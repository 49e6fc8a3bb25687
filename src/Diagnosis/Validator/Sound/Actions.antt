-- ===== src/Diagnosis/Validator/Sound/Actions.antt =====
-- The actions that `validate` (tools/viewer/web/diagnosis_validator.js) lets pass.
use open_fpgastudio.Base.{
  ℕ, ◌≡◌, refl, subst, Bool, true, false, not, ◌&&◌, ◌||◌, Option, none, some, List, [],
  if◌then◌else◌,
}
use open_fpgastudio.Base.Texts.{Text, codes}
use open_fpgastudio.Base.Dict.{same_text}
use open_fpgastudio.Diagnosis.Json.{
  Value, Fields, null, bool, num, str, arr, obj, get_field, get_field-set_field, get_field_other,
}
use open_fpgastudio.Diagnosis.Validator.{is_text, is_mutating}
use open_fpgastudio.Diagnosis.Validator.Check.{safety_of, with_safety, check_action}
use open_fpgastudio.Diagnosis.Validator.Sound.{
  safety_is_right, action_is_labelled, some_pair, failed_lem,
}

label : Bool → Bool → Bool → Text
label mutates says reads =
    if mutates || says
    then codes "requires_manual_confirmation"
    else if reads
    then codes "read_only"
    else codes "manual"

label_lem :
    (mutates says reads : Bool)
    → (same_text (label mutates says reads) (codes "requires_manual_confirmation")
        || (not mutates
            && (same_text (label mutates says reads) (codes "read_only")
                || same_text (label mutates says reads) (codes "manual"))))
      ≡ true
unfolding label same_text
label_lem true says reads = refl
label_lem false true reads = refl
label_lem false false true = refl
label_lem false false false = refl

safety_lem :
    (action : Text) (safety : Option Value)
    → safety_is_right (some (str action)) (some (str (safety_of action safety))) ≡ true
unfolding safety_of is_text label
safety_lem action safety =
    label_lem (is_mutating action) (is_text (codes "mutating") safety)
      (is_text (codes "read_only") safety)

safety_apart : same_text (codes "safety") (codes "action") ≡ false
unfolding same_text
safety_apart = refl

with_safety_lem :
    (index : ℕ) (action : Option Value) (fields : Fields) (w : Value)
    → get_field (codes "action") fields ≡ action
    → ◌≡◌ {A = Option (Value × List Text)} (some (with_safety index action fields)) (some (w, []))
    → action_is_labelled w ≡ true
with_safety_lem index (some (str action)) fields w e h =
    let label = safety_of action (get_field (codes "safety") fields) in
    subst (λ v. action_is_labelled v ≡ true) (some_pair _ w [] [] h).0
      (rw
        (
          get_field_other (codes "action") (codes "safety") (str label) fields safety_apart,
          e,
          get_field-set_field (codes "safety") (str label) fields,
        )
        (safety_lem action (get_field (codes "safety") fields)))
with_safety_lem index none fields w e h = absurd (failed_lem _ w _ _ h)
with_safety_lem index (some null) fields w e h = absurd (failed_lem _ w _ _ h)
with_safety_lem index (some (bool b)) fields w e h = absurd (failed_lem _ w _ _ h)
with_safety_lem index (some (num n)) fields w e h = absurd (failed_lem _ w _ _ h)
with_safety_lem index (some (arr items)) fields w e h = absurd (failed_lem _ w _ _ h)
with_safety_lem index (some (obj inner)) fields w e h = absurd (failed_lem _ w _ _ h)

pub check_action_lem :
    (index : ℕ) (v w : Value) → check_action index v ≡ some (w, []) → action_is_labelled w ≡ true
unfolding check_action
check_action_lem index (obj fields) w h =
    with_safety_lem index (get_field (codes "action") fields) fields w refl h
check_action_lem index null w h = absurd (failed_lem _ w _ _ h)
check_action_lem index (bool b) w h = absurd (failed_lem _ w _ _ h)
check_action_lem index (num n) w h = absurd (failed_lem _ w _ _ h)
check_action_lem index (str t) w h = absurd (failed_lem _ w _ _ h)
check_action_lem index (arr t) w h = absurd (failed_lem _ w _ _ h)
□ □ □
Locate the word "List" in the records above, and return each line that has it.

§ RESPONSE
  ℕ, ◌≡◌, refl, subst, Bool, true, false, not, ◌&&◌, ◌||◌, Option, none, some, List, [],
    → ◌≡◌ {A = Option (Value × List Text)} (some (with_safety index action fields)) (some (w, []))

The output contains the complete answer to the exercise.